Faith Davies All-University Leadership Awards Given to Outstanding Students and Staff
When Dr. Pamela Eibeck took office as President of the University in 2009, she announced that one of her priorities for the school was building a sense of community among students and faculty. This year, five individuals from the College of Pacific were recognized with Faith Davies leadership awards as people who embody leadership in the community on the Pacific campus. While all five are all distinctly unique in their contributions, they share a love and commitment to service and community at Pacific that is outstanding.
Stephanie Jensen (left) and Elizabeth Youngberg
Elizabeth Youngberg and Stephanie Jensen were both awarded the Dochterman Outstanding Junior Scholarship—a prestigious scholarship given to students who have made significant contributions to the University. Elizabeth, a History major, is actively involved in the Pacific community as an academic Powell scholar, a helpful Pacific ambassador, and a fiercely spirited member of the Pacific Pep Band. In addition to her contributions on campus, she serves Pacific as a member of Phi Alpha Theta, a history honors society, community service chair of Sigma Alpha Iota, a music sorority, and academic chair of Tri Delta, a social sorority.
Like Elizabeth, Stephanie is also actively involved on campus through Greek life as a member of the social sorority, Kappa Alpha Theta. In addition, she works to chair social events on campus through ASUOP, as well as charitable events, like this year's second-annual Relay for Life for the American Cancer Society. Stephanie reaches out to the community, as well, in her work with the Downtown Stockton Alliance and for President Eibeck's Beyond Our Gates initiative.
Brandie Spencer with Jesse Marks, a former long-time Student Life staff member who initiated the Jesse Marks Co-curricular Award.
Brandie Spencer is a recently graduated Sociology major whose time here at Pacific is also largely marked by a legacy of service to the community. The Jesse Marks Co-curricular Award, which he was given, demands the outstanding community involvement which Brandie has demonstrated throughout the past four years. Despite his role as president of the Mortar Board Honors Society and leader in both Pacific's Black Student Union and Pacific First Generation club, Brandie continues to find time to reach out the Stockton community from which he came.
Most notably, he is the founding director of Empowering Youth Voices, a non-profit organization that provides opportunities and guidance for at-risk, low-income youth. Calling himself "an advocate for youth education, youth leadership, and social justice," Brandie uses EYV to teach life skills and leadership to disadvantaged students all over the area, empowering African-American youth. His leadership and outreach creates an outstanding role model for those he touches through EYV outreach events—from success workshops, to hip hop dance classes.

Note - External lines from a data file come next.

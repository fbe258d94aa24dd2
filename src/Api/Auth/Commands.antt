-- ===== src/Api/Auth/Commands.antt =====
-- The requests, and what their writes are where they succeed.
use do_an_tot_nghiep.Base.{
  ℕ, ◌≡◌, refl, sym, ap, subst, Bool, true, false, not, Option, none, some, List, [], ◌∷◌, ◌==◌,
  find,
}
use do_an_tot_nghiep.Base.Text.{Text, text_eq}
use do_an_tot_nghiep.Api.Auth.Passwords.{hash_password, verify_password}
use do_an_tot_nghiep.Api.Auth.State.{
  User, AuthState, AuthEnv, JwtPayload, AuthError, AuthReply, ok, err, ◌>>=◌, Command, reset_of,
  set_session, set_reset, found_or, refuse_unless, ◌>>◌, del_session, del_otp, del_reset,
  set_password,
}
use do_an_tot_nghiep.Api.Auth.{
  login, logout, send_otp, can_enter, verify_otp, reset_password_with_token, change_password,
}

pub data Request : Type 0 where
  -- The arguments, and then what is drawn.
  login_as : Text → Text → Text → Request
  logout_of : ℕ → Request
  ask_otp : Text → Text → Request
  give_otp : Text → Text → Text → Request
  reset_with : Text → Text → Text → Request
  change : ℕ → Text → Text → Text → Request

abbrev commands : {A : Type 0} → AuthReply (List Command × A) → AuthReply (List Command)
commands (ok (cs, a)) = ok cs
commands (err e) = err e

-- The writes of a request, or its error.
unfoldable pub plan : AuthEnv → Request → AuthState → AuthReply (List Command)
plan env (login_as code password id) s = commands (login env code password id s)
plan env (logout_of k) s = logout env k s
plan env (ask_otp email otp) s = send_otp env email otp s
plan env (give_otp email otp token) s = verify_otp env email otp token s
plan env (reset_with token new_password salt) s =
    reset_password_with_token env token new_password salt s
plan env (change k current new_password salt) s = change_password env k current new_password salt s

-- The session id or the reset token that a request draws is not this one.
abbrev pub Draws : Text → Request → Type 0
Draws secret (login_as code password id) = id ≡ secret
Draws secret (give_otp email otp token) = token ≡ secret
Draws secret _ = ⊥

-- The first of two steps has succeeded too.
passed :
    {B : Type 0} (b : Bool) (e : AuthError) (k : AuthReply B) (r : B)
    → (refuse_unless b e >> k) ≡ ok r
    → (b ≡ true) × (k ≡ ok r)
unfolding refuse_unless
passed true e k r h = (refl, h)
passed false e k r h = absurd (cc)

found_passed :
    {A B : Type 0} (o : Option A) (e : AuthError) (k : A → AuthReply B) (r : B)
    → (found_or o e >>= k) ≡ ok r
    → (a : A) × (o ≡ some a) × (k a ≡ ok r)
unfolding found_or
found_passed (some a) e k r h = (a, refl, h)
found_passed none e k r h = absurd (cc)

pub ok_eq : {A : Type 0} {a b : A} → ok a ≡ ok b → a ≡ b
ok_eq h = cc

ok_pair : {A B : Type 0} {p q : A × B} → ok p ≡ ok q → (p.0 ≡ q.0) × (p.1 ≡ q.1)
ok_pair h = (ap (λ p. p.0) (ok_eq h), ap (λ p. p.1) (ok_eq h))

pub commands_ok :
    {A : Type 0} (r : AuthReply (List Command × A)) (cs : List Command)
    → commands r ≡ ok cs
    → (a : A) × (r ≡ ok (cs, a))
commands_ok (ok (ds, a)) cs h = (a, ap (λ ds. ok (ds, a)) (ok_eq h))
commands_ok (err e) cs h = absurd (cc)

module _ (env : AuthEnv) (s : AuthState) where
  -- A login that succeeds keeps a session of the account with the id that it drew.
  pub login-commands :
      (code password id : Text) (cs : List Command) (p : JwtPayload)
      → login env code password id s ≡ ok (cs, p)
      → (u : User) × (ttl : ℕ) × (find (λ u. text_eq u.student_code code) s.users ≡ some u)
        × (cs ≡ set_session u.id id ttl ∷ [])
        × (p.sub ≡ u.id)
        × (p.session_id ≡ id)
        × (can_enter env p.role p.student_code s.now ≡ true)
        × (not (ttl == 0) ≡ true)
  unfolding login
  login-commands code password id cs p h =
      let (u, found, h1) = found_passed _ _ _ _ h in
      let (_, h2) = passed _ _ _ _ h1 in
      let (_, h3) = passed _ _ _ _ h2 in
      let (admitted, h4) = passed _ _ _ _ h3 in
      let (ttl, _, h5) = found_passed _ _ _ _ h4 in
      let (lasts, h6) = passed _ _ _ _ h5 in
      let (written, payload) = ok_pair h6 in
      (
        u,
        ttl,
        found,
        sym written,
        ap (λ q. q.sub) (sym payload),
        ap (λ q. q.session_id) (sym payload),
        subst (λ q. can_enter env q.role q.student_code s.now ≡ true) payload admitted,
        lasts,
      )

  pub verify_otp-commands :
      (email otp token : Text) (cs : List Command)
      → verify_otp env email otp token s ≡ ok cs
      → (u : User) × (find (λ u. text_eq u.email email) s.users ≡ some u)
        × (cs ≡ del_otp u.id ∷ set_reset token u.id ∷ [])
  unfolding verify_otp
  verify_otp-commands email otp token cs h =
      let (u, found, h1) = found_passed _ _ _ _ h in
      let (_, h2) = passed _ _ _ _ h1 in let (_, h3) = passed _ _ _ _ h2 in (u, found, cc)

  pub reset-commands :
      (token new_password salt : Text) (cs : List Command)
      → reset_password_with_token env token new_password salt s ≡ ok cs
      → (k : ℕ) × (reset_of s token ≡ some k)
        × (cs
            ≡ set_password k (hash_password env.sha256 salt new_password)
              ∷ del_reset token
              ∷ del_session k
              ∷ [])
  unfolding reset_password_with_token
  reset-commands token new_password salt cs h =
      let (k, found, h1) = found_passed _ _ _ _ h in (k, found, cc)

  pub change-commands :
      (k : ℕ) (current new_password salt : Text) (cs : List Command)
      → change_password env k current new_password salt s ≡ ok cs
      → (u : User) × (find (λ u. u.id == k) s.users ≡ some u)
        × (verify_password env.sha256 current u.password ≡ true)
        × (cs ≡ set_password k (hash_password env.sha256 salt new_password) ∷ del_session k ∷ [])
  unfolding change_password
  change-commands k current new_password salt cs h =
      let (u, found, h1) = found_passed _ _ _ _ h in
      let (verified, h2) = passed _ _ _ _ h1 in (u, found, verified, cc)
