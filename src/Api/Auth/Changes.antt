-- ===== src/Api/Auth/Changes.antt =====
-- Who can set a password, and what a login gives.
use do_an_tot_nghiep.Base.{
  ℕ, ◌+◌, ◌*◌, ◌≡◌, ◌≢◌, refl, sym, ap, ◌∙◌, subst, inl, inr, Bool, true, false, not, ◌&&◌, Option,
  none, some, List, [], ◌∷◌, ◌==◌, ltb, take, zero, suc, find, find-update_where_ne, arith, All,
  ==_iff, Bool-cases,
}
use do_an_tot_nghiep.Base.Text.{Text, text_eq, text_eq_refl}
use do_an_tot_nghiep.Api.Auth.Passwords.{verify_password}
use do_an_tot_nghiep.Api.Auth.State.{
  User, AuthState, AuthEnv, JwtPayload, AuthReply, ok, err, Command, set_session, del_session,
  set_otp, del_otp, set_limit, set_reset, del_reset, set_password, send_mail, execute, execute_all,
  reset_of, session_id_of, holds, refuse_unless, too_soon, ◌>>◌,
}
use do_an_tot_nghiep.Api.Auth.{login, logout, send_otp, send_if_active, validate, can_enter}
use do_an_tot_nghiep.Api.Auth.Commands.{
  Request, plan, login-commands, verify_otp-commands, reset-commands, change-commands, commands_ok,
  ok_eq,
}

abbrev stored_of : Option User → Option Text
stored_of none = none
stored_of (some u) = some u.password

abbrev pub password_of : ℕ → AuthState → Option Text
password_of k s = stored_of (find (λ u. u.id == k) s.users)

abbrev accepts : AuthEnv → Text → Option Text → Bool
accepts env given none = false
accepts env given (some stored) = verify_password env.sha256 given stored

abbrev names : ℕ → Option ℕ → Bool
names k none = false
names k (some j) = j == k

-- Whether a request may set the password of an account: it shows a live reset token of the account, or
-- the account's password.
abbrev may_set : AuthEnv → Request → AuthState → ℕ → Bool
may_set env (Request.reset_with token new_password salt) s k = names k (reset_of s token)
may_set env (Request.change j current new_password salt) s k =
    j == k && accepts env current (password_of k s)
may_set env _ s k = false

abbrev Spares : ℕ → Command → Type 0
Spares k (set_password j hash) = k ≢ j
Spares k _ = Unit

execute-password :
    (k : ℕ) (c : Command) (s : AuthState)
    → Spares k c
    → password_of k (execute c s) ≡ password_of k s
unfolding execute
execute-password k (set_password j hash) s h =
    ap stored_of (
      find-update_where_ne (λ u. u.id) k j (λ u. record u { password = hash }) s.users (λ u. refl)
        h)
execute-password k (set_session j i ttl) s h = refl
execute-password k (del_session j) s h = refl
execute-password k (set_otp j otp) s h = refl
execute-password k (del_otp j) s h = refl
execute-password k (set_limit j) s h = refl
execute-password k (set_reset t j) s h = refl
execute-password k (del_reset t) s h = refl
execute-password k (send_mail address otp) s h = refl

execute_all-password :
    (k n : ℕ) (cs : List Command) (s : AuthState)
    → All (Spares k) cs
    → password_of k (execute_all (take n cs) s) ≡ password_of k s
unfolding execute_all take
execute_all-password k zero cs s h = refl
execute_all-password k (suc n) [] s h = refl
execute_all-password k (suc n) (c ∷ cs) s h =
    execute_all-password k n cs (execute c s) h.1 ∙ execute-password k c s h.0

abbrev SparesReply : ℕ → AuthReply (List Command) → Type 0
SparesReply k (ok cs) = All (Spares k) cs
SparesReply k (err e) = Unit

refuse_unless-SparesReply :
    (k : ℕ) (b : Bool) (cs : List Command)
    → All (Spares k) cs
    → SparesReply k (refuse_unless b too_soon >> ok cs)
unfolding refuse_unless
refuse_unless-SparesReply k true cs h = h
refuse_unless-SparesReply k false cs h = tt

send_if_active-SparesReply :
    (env : AuthEnv) (k : ℕ) (otp : Text) (s : AuthState) (o : Option User)
    → SparesReply k (send_if_active env otp s o)
send_if_active-SparesReply env k otp s none = tt
send_if_active-SparesReply env k otp s (some u) = elim (Bool-cases u.is_active) [
  | inr e ↦ simp e tt
  | inl e ↦ simp e (refuse_unless-SparesReply k _ _ (tt, (tt, (tt, tt))))
]

plan-Spares :
    (env : AuthEnv) (r : Request) (cs : List Command) (s : AuthState) (k : ℕ)
    → plan env r s ≡ ok cs
    → may_set env r s k ≡ false
    → All (Spares k) cs
unfolding plan logout send_otp
plan-Spares env (Request.login_as code password id) cs s k e h =
    let (p, logged) = commands_ok (login env code password id s) cs e in
    let (u, ttl, _, written, _, _, _, _) = login-commands env s code password id cs p logged in
    subst (All (Spares k)) (sym written) (tt, tt)
plan-Spares env (Request.logout_of j) cs s k e h = subst (All (Spares k)) (ok_eq e) (tt, tt)
plan-Spares env (Request.ask_otp email otp) cs s k e h =
    subst (SparesReply k) e (send_if_active-SparesReply env k otp s _)
plan-Spares env (Request.give_otp email otp token) cs s k e h =
    let (u, _, written) = verify_otp-commands env s email otp token cs e in
    subst (All (Spares k)) (sym written) (tt, (tt, tt))
plan-Spares env (Request.reset_with token new_password salt) cs s k e h =
    let (j, found, written) = reset-commands env s token new_password salt cs e in
    subst (All (Spares k)) (sym written)
      (λ q. absurd (ground (arith, ap (names k) found)), (tt, (tt, tt)))
plan-Spares env (Request.change j current new_password salt) cs s k e h =
    let (u, found, verified, written) = change-commands env s j current new_password salt cs e in
    subst (All (Spares k)) (sym written) (
      λ q. absurd (
          ground (
            arith,
            ap (λ o. accepts env current (stored_of o)) found,
            subst (λ m. (j == m && accepts env current (password_of m s)) ≡ false) q h,
          )),
      (tt, tt),
    )

-- A request that does not show a live reset token of an account or the account's password leaves
-- the password of the account as it is, whether it goes through or stops on the way.
pub plan-password :
    (env : AuthEnv) (r : Request) (cs : List Command) (n : ℕ) (s : AuthState) (k : ℕ)
    → plan env r s ≡ ok cs
    → may_set env r s k ≡ false
    → password_of k (execute_all (take n cs) s) ≡ password_of k s
plan-password env r cs n s k e h = execute_all-password k n cs s (plan-Spares env r cs s k e h)

validate-ok :
    (env : AuthEnv) (p : JwtPayload) (s : AuthState)
    → text_eq p.session_id [] ≡ false
    → holds (session_id_of s p.sub) p.session_id ≡ true
    → can_enter env p.role p.student_code s.now ≡ true
    → validate env p s ≡ ok p
unfolding validate refuse_unless
validate-ok env p s a b c = simp (a, b, c) refl

-- A session that has just been kept is there.
set-holds :
    (k ttl : ℕ) (id : Text) (s : AuthState)
    → id ≢ []
    → not (ttl == 0) ≡ true
    → holds (session_id_of (execute (set_session k id ttl) s) k) id ≡ true
unfolding execute
set-holds k ttl [] s h lasts = absurd (h refl)
set-holds k ttl (c ∷ cs) s h lasts = rw ((==_iff k k).1 refl, alive) (text_eq_refl (c ∷ cs))
  where
    alive : ltb s.now (s.now + ttl * 1000) ≡ true
    alive = ground arith

not_blank : (t : Text) → t ≢ [] → text_eq t [] ≡ false
unfolding text_eq
not_blank [] h = absurd (h refl)
not_blank (c ∷ cs) h = refl

-- After a login that went through and drew an id which is not empty, the token that it gave is
-- accepted at once.
login-validate :
    (env : AuthEnv) (code password id : Text) (cs : List Command) (p : JwtPayload) (s : AuthState)
    → login env code password id s ≡ ok (cs, p)
    → id ≢ []
    → validate env p (execute_all cs s) ≡ ok p
unfolding execute execute_all
login-validate env code password id cs p s e nonempty =
    let (u, ttl, found, written, sub, drawn, admitted, lasts) =
      login-commands env s code password id cs p e in
    rw written (
      validate-ok env p (execute_all (set_session u.id id ttl ∷ []) s)
        (not_blank p.session_id (λ blank. nonempty (sym drawn ∙ blank)))
        (subst
          (λ k. holds (session_id_of (execute (set_session u.id id ttl) s) k) p.session_id ≡ true)
          (sym sub)
          (subst (λ i. holds (session_id_of (execute (set_session u.id id ttl) s) u.id) i ≡ true)
            (sym drawn) (set-holds u.id ttl id s nonempty lasts)))
        admitted)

Outstanding role models, however, have role models of their own to learn from, and Carol Ann Hackley, a Communications professor of 26 years, is a prime example of faculty leadership at its finest. Having written a text book and led the Pacific Chapter of Public Relations Student Society of America during her years at Pacific, it would be easy for someone who did not know Dr. Hackley to be intimidated by her accomplishments. However, in the Communications department, she is lovingly referred to as "Dr. Mom" by her advisees for the guidance and care she gives each student.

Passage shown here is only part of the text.